[ABOUT THIS TASK]: Looking at the listing below, retype exactly the lines starting at the one containing "show_privacy_notice = false;" and ending at the one containing "checked_count p = count", both included, and nothing else.

[DATA TO EXAMINE]:
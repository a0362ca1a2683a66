-- ===== src/SomeVerifier/Proofs.antt =====
-- `connectWallet` and `requestProof` of examples/some-verifier/frontend/src/lib/util.ts. The wallet's
-- API and the web SDK's contract addresses and statements come in as functions; the statement builder
-- of the SDK is represented by the calls that the code makes of it.
use concordium_web3id.Common.{
  includes, >>=-eq-ok, ℕ, ◌≡◌, ◌⊎◌, inl, inr, refl, String, Bool, true, false, Option, none, some,
  List, [], ◌∷◌, ◌++◌, Result, ok, err, ◌>>=◌, if◌then◌else◌, Result-cases,
}

pub data ConnectionErrorCode : Type 0 where
  not_found rejected : ConnectionErrorCode

-- What was thrown: `none` is `undefined`.
abbrev connection_error : {A E : Type 0} → Option E → Result ConnectionErrorCode A
connection_error none = err not_found
connection_error (some e) = err rejected

unfoldable pub connect_wallet :
    {Api E : Type 0} (detect : Result (Option E) Api)
    (request_accounts : Api → Result (Option E) (Unit {0}))
    → Result ConnectionErrorCode Api
connect_wallet detect request_accounts =
    elim (detect >>= λ api. request_accounts api >>= λ done. ok api) [
      | ok api ↦ ok api
      | err e ↦ connection_error e
    ]

pub record Issuer : Type 0 where
  pub url : String
  pub index : String
  pub subindex : String

-- A call of the builder, with the attributes that its callback reveals.
pub data Call (Address : Type 0) : Type 0 where
  for_verifiable_credentials : List Address → (revealed : List String) → Call Address
  for_identity_credentials : (idps : List ℕ) (revealed : List String) → Call Address

abbrev pub revealed : Bool → List String
revealed reveal_username = if reveal_username then "userId" ∷ "username" ∷ [] else "userId" ∷ []

abbrev pub name_calls : {Address : Type 0} → Bool → List (Call Address)
name_calls reveal_name =
    if reveal_name
    then for_identity_credentials (0 ∷ 1 ∷ 2 ∷ 3 ∷ []) ("firstName" ∷ "lastName" ∷ []) ∷ []
    else []

module _ {Address Thrown : Type 0} (create_address : String → String → Result Thrown Address) where
  -- The loop over the issuers.
  unfoldable pub issuer_calls : Bool → List Issuer → Result Thrown (List (Call Address))
  issuer_calls reveal_username [] = ok []
  issuer_calls reveal_username (i ∷ rest) = do
    address ← create_address i.index i.subindex
    calls ← issuer_calls reveal_username rest
    ok (for_verifiable_credentials (address ∷ []) (revealed reveal_username) ∷ calls)

  unfoldable pub request_proof :
      {S P : Type 0} (get_statements : List (Call Address) → S)
      (request_verifiable_presentation : String → S → Result Thrown P)
      → List Issuer
      → (challenge : String) → (reveal_name reveal_username : Bool) → Result Thrown P
  unfolding issuer_calls
  request_proof get_statements request_verifiable_presentation issuers challenge reveal_name
        reveal_username =
      do
        calls ← issuer_calls reveal_username issuers
        request_verifiable_presentation challenge (get_statements (calls ++ name_calls reveal_name))

-- A wallet is connected exactly when it is found and grants access; a failure is reported as "not
-- found" exactly when `undefined` was thrown, and otherwise as rejected.
pub connect_wallet_lem :
    {Api E : Type 0} (detect : Result (Option E) Api)
    (request_accounts : Api → Result (Option E) (Unit {0}))
    → ((api : Api) × (connect_wallet detect request_accounts ≡ ok api)
        × (detect ≡ ok api)
        × (request_accounts api ≡ ok tt))
      ⊎ (((connect_wallet detect request_accounts ≡ err not_found)
            × ((detect ≡ err none)
                ⊎ ((api : Api) × (detect ≡ ok api) × (request_accounts api ≡ err none))))
          ⊎ ((connect_wallet detect request_accounts ≡ err rejected)
              × (e : E) × ((detect ≡ err (some e))
                  ⊎ ((api : Api) × (detect ≡ ok api) × (request_accounts api ≡ err (some e))))))
unfolding connect_wallet
connect_wallet_lem (err none) request_accounts = inr (inl (refl, inl refl))
connect_wallet_lem (err (some e)) request_accounts = inr (inr (refl, e, inl refl))
connect_wallet_lem (ok api) request_accounts = elim (Result-cases (request_accounts api)) [
  | inl (done, granted) ↦ inl (api, rw (granted, connect_wallet) refl, refl, granted)
  | inr (none, refused) ↦ inr (inl (rw (refused, connect_wallet) refl, inr (api, refl, refused)))
  | inr (some e, refused) ↦
      inr (inr (rw (refused, connect_wallet) refl, e, inr (api, refl, refused)))
]

-- The independent description of the builder calls: one per issuer, each with that issuer's own
-- contract and the attributes to reveal.
abbrev pub IsAsked :
    {Address Thrown : Type 0}
    → (String → String → Result Thrown Address)
    → Bool
    → List Issuer
    → List (Call Address)
    → Type 0
IsAsked create_address name [] [] = Unit
IsAsked create_address name (i ∷ is) (for_verifiable_credentials (a ∷ []) attributes ∷ calls) =
    (create_address i.index i.subindex ≡ ok a)
    × (includes attributes "userId" ≡ true)
    × (includes attributes "username" ≡ name)
    × IsAsked create_address name is calls
IsAsked create_address name _ _ = ⊥

revealed_asked :
    (name : Bool)
    → (includes (revealed name) "userId" ≡ true) × (includes (revealed name) "username" ≡ name)
revealed_asked true = (refl, refl)
revealed_asked false = (refl, refl)

issuer_calls-IsAsked :
    {Address Thrown : Type 0} (create_address : String → String → Result Thrown Address)
    (name : Bool) (issuers : List Issuer) {calls : List (Call Address)}
    → issuer_calls create_address name issuers ≡ ok calls
    → IsAsked create_address name issuers calls
unfolding issuer_calls
issuer_calls-IsAsked create_address name [] {calls} e = let same : calls ≡ [] = cc (e) in rw same tt
issuer_calls-IsAsked create_address name (i ∷ is) {calls} e =
    let (a, made, e1) = >>=-eq-ok (create_address i.index i.subindex) _ e in
    let (rest, later, e2) = >>=-eq-ok (issuer_calls create_address name is) _ e1 in
    let same : calls ≡ for_verifiable_credentials (a ∷ []) (revealed name) ∷ rest = cc (e2) in
    let (user_id, username) = revealed_asked name in
    rw same (made, user_id, username, issuer_calls-IsAsked create_address name is later)

-- A proof that `requestProof` returns is the wallet's answer for the given challenge to statements
-- that ask of the credential of each issuer, in order, for the user id, and for the user name exactly
-- if that is wanted, and then for first and last name if these are wanted.
pub request_proof_lem :
    {Address Thrown S P : Type 0} (create_address : String → String → Result Thrown Address)
    (get_statements : List (Call Address) → S) (wallet : String → S → Result Thrown P)
    (issuers : List Issuer) (challenge : String) (reveal_name reveal_username : Bool) {p : P}
    → request_proof create_address get_statements wallet issuers challenge reveal_name
        reveal_username
      ≡ ok p
    → (calls : List (Call Address)) × IsAsked create_address reveal_username issuers calls
      × (wallet challenge (get_statements (calls ++ name_calls reveal_name)) ≡ ok p)
unfolding request_proof
request_proof_lem create_address get_statements wallet issuers challenge reveal_name reveal_username
      e =
    let (calls, made, e1) = >>=-eq-ok (issuer_calls create_address reveal_username issuers) _ e in
    (calls, issuer_calls-IsAsked create_address reveal_username issuers made, e1)
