-- ===== src/SomeVerifier/Page.antt =====
-- The page examples/some-verifier/frontend/src/components/Verify.tsx: its options and steps.
pub mod Prove
pub mod Session
pub mod Verified
pub mod View
pub mod Consent
use concordium_web3id.Common.{
  ℕ, ◌+◌, String, Bool, true, false, not, Option, none, some, List, [], ◌∷◌, ◌++◌, Result, ok, err,
  ltb, ◌&&◌, if◌then◌else◌, ◌>>=◌,
}
use concordium_web3id.SomeVerifier.Proofs.{Issuer}

pub data VerificationStep : Type 0 where
  issue_step verify_step check_step : VerificationStep

pub record Page : Type 0 where
  pub telegram_issued : Bool
  pub discord_issued : Bool
  pub telegram_checked : Bool
  pub discord_checked : Bool
  pub full_name_checked : Bool
  pub open_step : Option VerificationStep
  pub proof_error : String
  pub show_privacy_notice : Bool

unfoldable pub initial : Page
initial = record {
  telegram_issued = false;
  discord_issued = false;
  telegram_checked = false;
  discord_checked = false;
  full_name_checked = false;
  open_step = some verify_step;
  proof_error = "";
  show_privacy_notice = false;
}

abbrev pub count : Bool → ℕ
count false = 0
count true = 1

-- `checkedCount`
abbrev pub checked_count : Page → ℕ
checked_count p = count p.telegram_checked + count p.discord_checked + count p.full_name_checked

abbrev pub with_error : String → Page → Page
with_error message p = record {
  telegram_issued = p.telegram_issued;
  discord_issued = p.discord_issued;
  telegram_checked = p.telegram_checked;
  discord_checked = p.discord_checked;
  full_name_checked = p.full_name_checked;
  open_step = p.open_step;
  proof_error = message;
  show_privacy_notice = p.show_privacy_notice;
}

abbrev pub with_open : Option VerificationStep → Page → Page
with_open step p = record {
  telegram_issued = p.telegram_issued;
  discord_issued = p.discord_issued;
  telegram_checked = p.telegram_checked;
  discord_checked = p.discord_checked;
  full_name_checked = p.full_name_checked;
  open_step = step;
  proof_error = p.proof_error;
  show_privacy_notice = p.show_privacy_notice;
}

abbrev pub same : Bool → Bool → Bool
same true b = b
same false b = not b

-- The page with the three options set.
abbrev pub with_checked : (telegram discord full_name : Bool) → Page → Page
with_checked t d f p = record {
  telegram_issued = p.telegram_issued;
  discord_issued = p.discord_issued;
  telegram_checked = t;
  discord_checked = d;
  full_name_checked = f;
  open_step = p.open_step;
  proof_error = p.proof_error;
  show_privacy_notice = p.show_privacy_notice;
}

-- The memo that counts the options runs again if one has changed, and clears the error if two are
-- set.
abbrev pub recount : (unchanged : Bool) → Page → Page
recount true p = p
recount false p = with_error (if ltb (checked_count p) 2 then p.proof_error else "") p

unfoldable pub set_checked : (telegram discord full_name : Bool) → Page → Page
set_checked t d f p =
    recount (same t p.telegram_checked && same d p.discord_checked && same f p.full_name_checked)
      (with_checked t d f p)

-- The switches.
unfoldable pub change_telegram : Page → Page
change_telegram p = set_checked (not p.telegram_checked) p.discord_checked p.full_name_checked p

unfoldable pub change_discord : Page → Page
change_discord p = set_checked p.telegram_checked (not p.discord_checked) p.full_name_checked p

unfoldable pub change_full_name : Page → Page
change_full_name p = set_checked p.telegram_checked p.discord_checked (not p.full_name_checked) p

abbrev pub with_issued : (telegram discord : Bool) → Page → Page
with_issued t d p = record {
  telegram_issued = t;
  discord_issued = d;
  telegram_checked = p.telegram_checked;
  discord_checked = p.discord_checked;
  full_name_checked = p.full_name_checked;
  open_step = p.open_step;
  proof_error = p.proof_error;
  show_privacy_notice = p.show_privacy_notice;
}

-- `issueTelegram` and `issueDiscord`
unfoldable pub issue_telegram : Page → Page
issue_telegram p =
    with_issued true p.discord_issued (set_checked true p.discord_checked p.full_name_checked p)

unfoldable pub issue_discord : Page → Page
issue_discord p =
    with_issued p.telegram_issued true (set_checked p.telegram_checked true p.full_name_checked p)

abbrev pub too_few : String
too_few = "Please select at least two options."

unfoldable pub toggle_privacy_notice : Page → Page
toggle_privacy_notice p = record {
  telegram_issued = p.telegram_issued;
  discord_issued = p.discord_issued;
  telegram_checked = p.telegram_checked;
  discord_checked = p.discord_checked;
  full_name_checked = p.full_name_checked;
  open_step = p.open_step;
  proof_error = p.proof_error;
  show_privacy_notice = not p.show_privacy_notice;
}

unfoldable pub submit_handler : Page → Page
submit_handler p = if ltb (checked_count p) 2 then with_error too_few p else toggle_privacy_notice p

abbrev pub same_step : VerificationStep → VerificationStep → Bool
same_step issue_step issue_step = true
same_step verify_step verify_step = true
same_step check_step check_step = true
same_step _ _ = false

-- The step that is open after the step `id` was toggled.
abbrev pub toggled : VerificationStep → Option VerificationStep → Option VerificationStep
toggled id none = some id
toggled id (some step) = if same_step step id then none else some id

unfoldable pub toggle : VerificationStep → Page → Page
toggle id p = with_open (toggled id p.open_step) p

-- The issuers whose credentials a proof is asked of.
unfoldable pub issuers_of : (telegram discord : Issuer) → Page → List Issuer
issuers_of telegram discord p =
    (if p.telegram_checked then telegram ∷ [] else [])
    ++ (if p.discord_checked then discord ∷ [] else [])
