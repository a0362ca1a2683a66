-- ===== src/SomeVerifier/Page/Prove.antt =====
-- `prove` of examples/some-verifier/frontend/src/components/Verify.tsx and `concordiumProvider` of
-- App.tsx. `hash`, the wallet, the SDK's addresses and statements, and the server come in as
-- functions; `timestamp` is the time as text.
use concordium_web3id.Common.{
  String, Bool, true, false, Option, none, some, List, Result, ok, err, ltb, if◌then◌else◌,
}
use concordium_web3id.SomeVerifier.Proofs.{
  Issuer, Call, request_proof, ConnectionErrorCode, not_found, rejected,
}
use concordium_web3id.SomeVerifier.Page.{
  Page, checked_count, with_error, with_open, too_few, check_step, issuers_of,
}

-- The server's answer to a proof: `text_read` is whether the body of a rejection is read.
pub data PostAnswer : Type 0 where
  accepted : PostAnswer
  refused : (text_read : Bool) → PostAnswer
  no_answer : PostAnswer

-- How `prove` ends once two options are set.
pub data Outcome : Type 0 where
  no_wallet : ConnectionErrorCode → Outcome
  creation_failed : Outcome
  proof_rejected : Outcome
  verified : Outcome

-- What follows the server's answer.
abbrev pub posted : PostAnswer → Outcome
posted accepted = verified
posted (refused true) = proof_rejected
posted (refused false) = creation_failed
posted no_answer = creation_failed

module _ {Address Thrown S P Api : Type 0}
    (create_address : String → String → Result Thrown Address)
    (get_statements : List (Call Address) → S)
    (request_verifiable_presentation : Api → String → S → Result Thrown P) (hash : String → String)
    (post : P → (timestamp : String) → PostAnswer) (telegram discord : Issuer) where
  -- `prove`, for the options that are set when it is pressed and the time at which the wallet is
  -- there: nothing if fewer than two options are set.
  unfoldable pub prove :
      Page → (provider : Result ConnectionErrorCode Api) → (timestamp : String) → Option Outcome
  prove p provider timestamp = if ltb (checked_count p) 2 then none else elim provider [
    | err code ↦ some (no_wallet code)
    | ok api ↦
        elim (request_proof create_address get_statements (request_verifiable_presentation api)
          (issuers_of telegram discord p) (hash timestamp) p.full_name_checked true) [
            | err thrown ↦ some creation_failed
            | ok proof ↦ some (posted (post proof timestamp))
          ]
  ]

-- What `prove` does to the page at once.
unfoldable pub pressed : Page → Page
pressed p = if ltb (checked_count p) 2 then with_error too_few p else p

-- The message of a `ConnectionError`.
abbrev pub connection_message : ConnectionErrorCode → String
connection_message not_found = "Wallet not found"
connection_message rejected = "Wallet connection rejected by user"

-- What `prove` does to the page as it ends; a rejection whose body is not read sets its own message
-- first, which the other one replaces.
unfoldable pub proved : Outcome → Page → Page
proved (no_wallet code) p = with_error (connection_message code) p
proved creation_failed p = with_error "Proof creation failed." p
proved proof_rejected p = with_error "The proof was rejected." p
proved verified p = with_open (some check_step) (with_error "" p)

-- `concordiumProvider` of App.tsx: the wallet that was connected before, or a new connection; a
-- wallet that is not found opens the dialog.
pub record App (Api : Type 0) : Type 0 where
  pub wallet_api : Option Api
  pub show_modal : Bool

unfoldable pub concordium_provider :
    {Api : Type 0}
    → Result ConnectionErrorCode Api
    → App Api
    → App Api × Result ConnectionErrorCode Api
concordium_provider connected a = elim a.wallet_api [
  | some api ↦ (a, ok api)
  | none ↦ elim connected [
    | ok api ↦ (record { wallet_api = some api; show_modal = a.show_modal }, ok api)
    | err not_found ↦ (record { wallet_api = none; show_modal = true }, err not_found)
    | err rejected ↦ (a, err rejected)
  ]
]
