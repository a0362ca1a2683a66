-- ===== src/SomeIssuer/Issuance.antt =====
-- `requestCredential` of examples/some-issuer/frontend/src/shared/util.ts and the status of the
-- transaction in shared/Layout/Layout.tsx. The wallet, the issuer's server and the node come in by
-- what they answer, `now` is the time as text, `json` the body's text and `split` is `id.split(':')`
-- of the runtime written out.
pub mod Waiting
pub mod Outcome
use Prim.Native.Char.{code}
use Prim.Native.String.{◌++◌}
use concordium_web3id.Common.{
  ℕ, suc, String, Bool, true, false, Option, none, some, List, [], ◌∷◌, Result, ok, err, ◌>>=◌,
  ◌==◌, if◌then◌else◌, get_last?,
}

-- The platforms' requests; the user of Telegram is sent to the server.
pub data Request (TelegramUser : Type 0) : Type 0 where
  telegram : (user : TelegramUser) (id username : String) → Request TelegramUser
  discord : (id username : String) → Request TelegramUser

abbrev pub platform : {T : Type 0} → Request T → String
platform (telegram user id name) = "telegram"
platform (discord id name) = "discord"

abbrev pub user_id : {T : Type 0} → Request T → String
user_id (telegram user id name) = id
user_id (discord id name) = id

abbrev pub username : {T : Type 0} → Request T → String
username (telegram user id name) = name
username (discord id name) = name

-- The issuer: its address and its contract.
pub record Site : Type 0 where
  pub url : String
  pub network : String
  pub index : String
  pub subindex : String

-- `CONTRACT_DID`
abbrev pub contract_did : Site → String
contract_did s = "$did:ccd:" ++ s.network ++ ":sci:" ++ s.index ++ ":" ++ s.subindex ++ "/issuer"

-- The credential for the wallet, without its constant types.
pub record Credential : Type 0 where
  pub schema : String
  pub issuer : String
  pub issuance_date : String
  pub user_id : String
  pub username : String
  pub schema_id : String

unfoldable pub credential_of : {T : Type 0} → Site → (now : String) → Request T → Credential
credential_of s now req = record {
  schema = "./JsonSchema2023-" ++ platform req ++ ".json";
  issuer = contract_did s;
  issuance_date = now;
  user_id = user_id req;
  username = username req;
  schema_id = s.url ++ "json-schemas/JsonSchema2023-" ++ platform req ++ ".json";
}

abbrev pub metadata_url : Site → String
metadata_url s = s.url ++ "json-schemas/credential-metadata.json"

-- `s.split(':')`
unfoldable pub split_colon : String → List String
split_colon String.[] = "" ∷ []
split_colon (String.◌∷◌ c s) = elim (split_colon s) [
  | [] ↦ String.◌∷◌ c "" ∷ []
  | part ∷ parts ↦ if code c == 58 then "" ∷ part ∷ parts else String.◌∷◌ c part ∷ parts
]

abbrev pub or_blank : Option String → String
or_blank none = ""
or_blank (some part) = part

-- `parts[parts.length - 1]`; there is always a part.
unfoldable pub holder_of : String → String
holder_of id = or_blank (get_last? (split_colon id))

pub record IssueRequest (TelegramUser : Type 0) : Type 0 where
  pub url : String
  pub holder_id : String
  pub holder_revocable : Bool
  pub valid_from : String
  pub metadata_url : String
  pub telegram_user : Option TelegramUser

unfoldable pub issue_request : {T : Type 0} → Site → Request T → (now id : String) → IssueRequest T
issue_request s req now id = record {
  url = s.url ++ "credential";
  holder_id = holder_of id;
  holder_revocable = true;
  valid_from = now;
  metadata_url = metadata_url s;
  telegram_user = elim req [ telegram user i name ↦ some user | discord i name ↦ none ];
}

-- The server's answer: refused with a status and a text, issued with the transaction's hash and the
-- proof, or none at all.
pub data Response (Proof : Type 0) : Type 0 where
  refused : (status : ℕ) (text : String) → Response Proof
  issued : (tx_hash : String) → Proof → Response Proof
  failed : (message : String) → Response Proof

unfoldable pub read_response : {P : Type 0} → Response P → Result String (String × P)
read_response (refused status text) =
    if status == 429
    then err "Sorry, too many credentials have been issued for this account."
    else err ("Error getting credential: " ++ text)
read_response (issued tx_hash proof) = ok (tx_hash, proof)
read_response (failed message) = err message

-- What the wallet does with the credential: it calls back with the id, or it rejects; with the
-- proof, it accepts or it rejects. It passes on what the call back throws.
pub record Wallet (Proof : Type 0) : Type 0 where
  pub offer : Credential → (metadata_url : String) → Result String String
  pub receive : Proof → Result String (Unit {0})

-- What one wait for the transaction's finalization gives.
pub data NodeAnswer : Type 0 where
  finalized : NodeAnswer
  not_found : NodeAnswer
  rpc_error : (message : String) → NodeAnswer

pub data Ending : Type 0 where
  returned : Ending
  thrown : (message : String) → Ending
  waiting : Ending

-- The loop over the node's answers, one for each round, and how many rounds there were; `waiting` if
-- the answers so far decide nothing.
unfoldable pub wait : List NodeAnswer → Ending × ℕ
wait [] = (waiting, 0)
wait (finalized ∷ later) = (returned, 1)
wait (rpc_error message ∷ later) = (thrown message, 1)
wait (not_found ∷ later) = let (e, rounds) = wait later in (e, suc rounds)

-- The calls of `onSubmit` and `onFinalized`.
pub data Notice : Type 0 where
  on_submit : (tx_hash : String) → Notice
  on_finalized : Notice

pub record Run : Type 0 where
  pub notices : List Notice
  pub ending : Ending

-- The notices of the loop: `onFinalized` before it ends.
abbrev pub notices_of : Ending → List Notice
notices_of returned = on_finalized ∷ []
notices_of (thrown message) = []
notices_of waiting = []

-- The call of the wallet, up to the transaction's hash.
unfoldable pub obtain :
    {T P : Type 0}
    → Site
    → (now later : String) → Request T
    → Wallet P
    → (server : IssueRequest T → Response P) → Result String String
obtain s now later req wallet server = do
  id ← wallet.offer (credential_of s now req) (metadata_url s)
  answer ← read_response (server (issue_request s req later id))
  accepted ← wallet.receive answer.1
  ok answer.0

-- After the call of the wallet.
unfoldable pub finish : Result String String → (node : String → List NodeAnswer) → Run
finish (err message) node = record { notices = []; ending = thrown message }
finish (ok tx_hash) node =
    let e = (wait (node tx_hash)).0 in
    record { notices = on_submit tx_hash ∷ notices_of e; ending = e }

unfoldable pub request_credential :
    {T P : Type 0}
    → Site
    → (now later : String) → Request T
    → Result String (Wallet P)
    → (server : IssueRequest T → Response P) (node : String → List NodeAnswer) → Run
request_credential s now later req connected server node =
    finish (connected >>= λ wallet. obtain s now later req wallet server) node

-- The status that the layout shows.
pub data TransactionStatus : Type 0 where
  status_submitted status_finalized : TransactionStatus

pub record TxState : Type 0 where
  pub transaction : Option String
  pub transaction_status : Option TransactionStatus

-- `onTransactionSubmit` and `onTransactionFinalized`
unfoldable pub notified : Notice → TxState → TxState
notified (on_submit tx_hash) s = record {
  transaction = some tx_hash;
  transaction_status = some status_submitted;
}
notified on_finalized s = record {
  transaction = s.transaction;
  transaction_status = some status_finalized;
}
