-- ===== src/SomeIssuer/Issuance/Outcome.antt =====
-- When `requestCredential` succeeds, and what the page shows of it.
use concordium_web3id.Common.{
  ◌≡◌, ◌↔◌, String, none, some, List, [], ◌∷◌, Result, ok, err, >>=-eq-ok, refl, arith,
}
use concordium_web3id.SomeIssuer.Issuance.{
  finish, Request, Site, IssueRequest, Response, refused, issued, failed, Wallet, NodeAnswer,
  returned, wait, Notice, TxState, status_finalized, obtain, request_credential, notified,
  credential_of, metadata_url, issue_request, read_response,
}

-- The status after notices, the first one first.
abbrev pub shown : List Notice → TxState → TxState
shown [] s = s
shown (n ∷ ns) s = shown ns (notified n s)

abbrev pub blank : TxState
blank = record { transaction = none; transaction_status = none }

read_response-issued :
    {P : Type 0} (r : Response P) {h : String} {p : P}
    → read_response r ≡ ok (h, p)
    → r ≡ issued h p
unfolding read_response
read_response-issued (refused status text) e = ground arith
read_response-issued (issued tx p) e = grind arith
read_response-issued (failed message) e = ground arith

-- The state in which a transaction is shown as finalized.
abbrev pub done_with : String → TxState
done_with tx_hash = record {
  transaction = some tx_hash;
  transaction_status = some status_finalized;
}

finish_shown_iff :
    (r : Result String String) (node : String → List NodeAnswer) (tx_hash : String)
    → (shown (finish r node).notices blank ≡ done_with tx_hash)
      ↔ ((r ≡ ok tx_hash) × ((wait (node tx_hash)).0 ≡ returned))
unfolding finish notified
finish_shown_iff (err message) node tx_hash = grind arith
finish_shown_iff (ok h) node tx_hash = grind arith

finish_returned_iff :
    (r : Result String String) (node : String → List NodeAnswer)
    → ((finish r node).ending ≡ returned)
      ↔ ((tx_hash : String) × (r ≡ ok tx_hash) × ((wait (node tx_hash)).0 ≡ returned))
unfolding finish
finish_returned_iff (err message) node = (λ h. cc, λ h. let (tx_hash, same, ended) = h in cc)
finish_returned_iff (ok h) node =
    (λ ended. (h, refl, ended), λ e. let (tx_hash, same, ended) = e in cc)

module _ {T P : Type 0} (s : Site) (now later : String) (req : Request T)
    (server : IssueRequest T → Response P) where
  -- A wallet took the credential under an id, the server issued it in a transaction, and the wallet
  -- accepted the server's proof.
  pub record IsIssued (wallet : Wallet P) (tx_hash : String) : Type 0 where
    pub id : String
    pub proof : P
    pub offered : wallet.offer (credential_of s now req) (metadata_url s) ≡ ok id
    pub answered : server (issue_request s req later id) ≡ issued tx_hash proof
    pub accepted : wallet.receive proof ≡ ok tt

  obtain-ok :
      (wallet : Wallet P) (tx_hash : String)
      → obtain s now later req wallet server ≡ ok tx_hash
      → IsIssued wallet tx_hash
  unfolding obtain
  obtain-ok wallet tx_hash e =
      let (id, offered, next) =
        >>=-eq-ok (wallet.offer (credential_of s now req) (metadata_url s)) _ e in
      let (answer, read, rest) =
        >>=-eq-ok (read_response (server (issue_request s req later id))) _ next in
      let (done, accepted, same) = >>=-eq-ok (wallet.receive answer.1) _ rest in
      record {
        id = id;
        proof = answer.1;
        offered = offered;
        answered = read_response-issued (server (issue_request s req later id)) cc;
        accepted = accepted;
      }

  obtain-IsIssued :
      (wallet : Wallet P) (tx_hash : String)
      → IsIssued wallet tx_hash
      → obtain s now later req wallet server ≡ ok tx_hash
  unfolding obtain read_response
  obtain-IsIssued wallet tx_hash h = rw (h.offered, h.answered, h.accepted) refl

  -- After one request, on a page that has shown no transaction before and while no other request
  -- runs, the page shows a transaction as finalized exactly when the request returned: the wallet was
  -- connected and took the credential, the server issued it in that transaction, the wallet accepted
  -- the proof, and the node found that very transaction finalized.
  pub request_credential_shown_iff :
      (connected : Result String (Wallet P)) (node : String → List NodeAnswer) (tx_hash : String)
      → (shown (request_credential s now later req connected server node).notices blank
          ≡ done_with tx_hash)
        ↔ ((wallet : Wallet P) × (connected ≡ ok wallet)
            × IsIssued wallet tx_hash
            × ((wait (node tx_hash)).0 ≡ returned))
  unfolding request_credential
  request_credential_shown_iff (err message) node tx_hash =
      let (there, back) = finish_shown_iff (err message) node tx_hash in
      (λ h. let (none_sent, ended) = there h in cc, λ h. let (w, same, facts, ended) = h in cc)
  request_credential_shown_iff (ok wallet) node tx_hash =
      let (there, back) = finish_shown_iff (obtain s now later req wallet server) node tx_hash in
      (
        λ h.
            let (obtained, ended) = there h in
            (wallet, refl, obtain-ok wallet tx_hash obtained, ended),
        λ h.
            let (w, same, facts, ended) = h in
            let obtained = obtain-IsIssued w tx_hash facts in back (cc, ended),
      )

  -- A request returns exactly for a connected wallet and a transaction in which the credential was
  -- issued and which the node found finalized.
  pub request_credential_returned_iff :
      (connected : Result String (Wallet P)) (node : String → List NodeAnswer)
      → ((request_credential s now later req connected server node).ending ≡ returned) ↔ (
          (wallet : Wallet P) × (tx_hash : String) × (connected ≡ ok wallet)
          × IsIssued wallet tx_hash
          × ((wait (node tx_hash)).0 ≡ returned))
  unfolding request_credential
  request_credential_returned_iff (err message) node =
      let (there, back) = finish_returned_iff (err message) node in
      (
        λ h. let (tx_hash, none_sent, ended) = there h in cc,
        λ h. let (w, tx_hash, same, facts, ended) = h in cc,
      )
  request_credential_returned_iff (ok wallet) node =
      let (there, back) = finish_returned_iff (obtain s now later req wallet server) node in
      (
        λ h.
            let (tx_hash, obtained, ended) = there h in
            (wallet, tx_hash, refl, obtain-ok wallet tx_hash obtained, ended),
        λ h.
            let (w, tx_hash, same, facts, ended) = h in
            let obtained = obtain-IsIssued w tx_hash facts in back (tx_hash, cc, ended),
      )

[SOLVED PROBLEM]:
  show_privacy_notice = false;
}

abbrev pub count : Bool → ℕ
count false = 0
count true = 1

-- `checkedCount`
abbrev pub checked_count : Page → ℕ
checked_count p = count p.telegram_checked + count p.discord_checked + count p.full_name_checked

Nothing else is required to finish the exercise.